Brief:
Among the records below, how many lines contain the word "added"? The answer is a single number.

Source records

== == ==

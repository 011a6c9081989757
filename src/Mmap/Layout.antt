-- ===== src/Mmap/Layout.antt =====
-- The mappings of a process lie apart, page by page, inside the area; and when sys_mmap keeps it so.
use osp.Prelude.{
  ℕ, ◌+◌, ◌%◌, ◌^◌, ◌≤◌, ◌<◌, ◌≡◌, ◌≢◌, ◌⊎◌, inl, inr, true, false, some, arith, ◌==◌, update,
  true≢false, sym, ◌∙◌,
}
use osp.Mmu.{pgsize, pgroundup, flag}
use native.Mathlib.Decide.{ℕ_discrete}
use osp.Proc.{MemMapping, Proc, max_mappings}
use osp.Mmap.{mmap_area_start, mmap_area_end, map_fixed, clashes, MmapArgs, sys_mmap}
use osp.Mmap.Find.{IsLowest}
use osp.Mmap.Place.{
  mapping, added, Outcome, refused, full, fixed, found, good-length, sys_mmap-Outcome,
}

-- A mapping of at least one byte, at a page of the area, that ends inside it.
pub record IsInside (m : MemMapping) : Type 0 where
  pub aligned : m.addr % pgsize ≡ 0
  pub above : mmap_area_start ≤ m.addr
  pub nonempty : 0 < m.length
  pub below : m.addr + m.length ≤ mmap_area_end

-- No page belongs to both.
abbrev pub Apart : MemMapping → MemMapping → Type 0
Apart m n = (m.addr + pgroundup m.length ≤ n.addr) ⊎ (n.addr + pgroundup n.length ≤ m.addr)

pub record IsPlaced (p : Proc) : Type 0 where
  pub few : p.num_mappings ≤ max_mappings
  pub inside : (i : ℕ) → i < p.num_mappings → IsInside (p.memory_mappings i)
  pub apart :
      (i j : ℕ)
      → i < p.num_mappings
      → j < p.num_mappings
      → i ≢ j
      → Apart (p.memory_mappings i) (p.memory_mappings j)

-- Two mappings inside the area whose bytes do not clash share no page.
Apart-of_clear :
    (m n : MemMapping) → IsInside m → IsInside n → clashes m.addr m.length n ≡ false → Apart m n
Apart-of_clear m n im in' c = ground arith

Apart-sym : (m n : MemMapping) → Apart m n → Apart n m
Apart-sym m n (inl h) = inr h
Apart-sym m n (inr h) = inl h

update_self : (f : ℕ → MemMapping) (n : ℕ) (m : MemMapping) → update f n m n ≡ m
update_self f n m = let e : (n == n) ≡ true = ground arith in rw e

update-below : (f : ℕ → MemMapping) (n i : ℕ) (m : MemMapping) → i < n → update f n m i ≡ f i
update-below f n i m lt = let e : (n == i) ≡ false = ground arith in rw e

module _ (junk : ℕ) (a : MmapArgs) (p : Proc) (r : ℕ) where
  -- The lowest clear page is a place for the mapping.
  added-IsPlaced :
      0 < a.length
      → a.length < 2 ^ 31
      → p.num_mappings < max_mappings
      → IsLowest p a.length mmap_area_start r
      → IsPlaced p
      → IsPlaced (added junk a r p)
  added-IsPlaced pos small room low v = record {
    few = omega arith;
    inside = λ i lt. elim (ℕ_discrete i p.num_mappings) [
      | yes e ↦ rw (e, at_new) new_inside
      | no ne ↦ rw (at_old i (omega arith)) (v.inside i (omega arith))
    ];
    apart = λ i j li lj ne. elim (ℕ_discrete i p.num_mappings) [
      | yes e ↦ rw (e, at_new, at_old j (omega arith)) (new_apart j (omega arith))
      | no n1 ↦ elim (ℕ_discrete j p.num_mappings) [
        | yes e ↦
            rw (e, at_new, at_old i (omega arith))
              (Apart-sym (mapping junk a r) (p.memory_mappings i) (new_apart i (omega arith)))
        | no n2 ↦
            rw (at_old i (omega arith), at_old j (omega arith))
              (v.apart i j (omega arith) (omega arith) ne)
      ]
    ];
  }
    where
      maps : ℕ → MemMapping
      maps = update p.memory_mappings p.num_mappings (mapping junk a r)

      at_new : maps p.num_mappings ≡ mapping junk a r
      at_new = update_self p.memory_mappings p.num_mappings (mapping junk a r)

      at_old : (i : ℕ) → i < p.num_mappings → maps i ≡ p.memory_mappings i
      at_old i lt = update-below p.memory_mappings p.num_mappings i (mapping junk a r) lt

      new_inside : IsInside (mapping junk a r)
      new_inside = record {
        aligned = low.aligned;
        above = low.above;
        nonempty = pos;
        below = low.fits;
      }

      new_apart : (j : ℕ) → j < p.num_mappings → Apart (mapping junk a r) (p.memory_mappings j)
      new_apart j lt =
          Apart-of_clear (mapping junk a r) (p.memory_mappings j) new_inside (v.inside j lt)
            (low.clear j lt)

-- Without MAP_FIXED, and with a slot free, sys_mmap returns and keeps the mappings inside the area
-- and apart.
pub sys_mmap-IsPlaced :
    (junk : ℕ) (a : MmapArgs) (p : Proc)
    → a.length < 2 ^ 32
    → p.num_mappings < max_mappings
    → flag a.flags map_fixed ≡ false
    → IsPlaced p
    → (r : ℕ) × (p' : Proc) × (sys_mmap junk (some a) p ≡ some (r, p')) × IsPlaced p'
sys_mmap-IsPlaced junk a p word room free v =
    let (r, p', e, o) = sys_mmap-Outcome junk a p word room in (r, p', e, keep r p' o)
  where
    keep : (r : ℕ) (p' : Proc) → Outcome junk a p r p' → IsPlaced p'
    keep r p' (refused _) = v
    keep r p' (full _ _ _) = v
    keep r p' (fixed _ fix) = absurd (true≢false (sym fix ∙ free))
    keep r p' (found r' ok _ low) =
        let (pos, small) = good-length p a word ok in
        added-IsPlaced junk a p r' pos small room low v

== == ==

Written answer:
5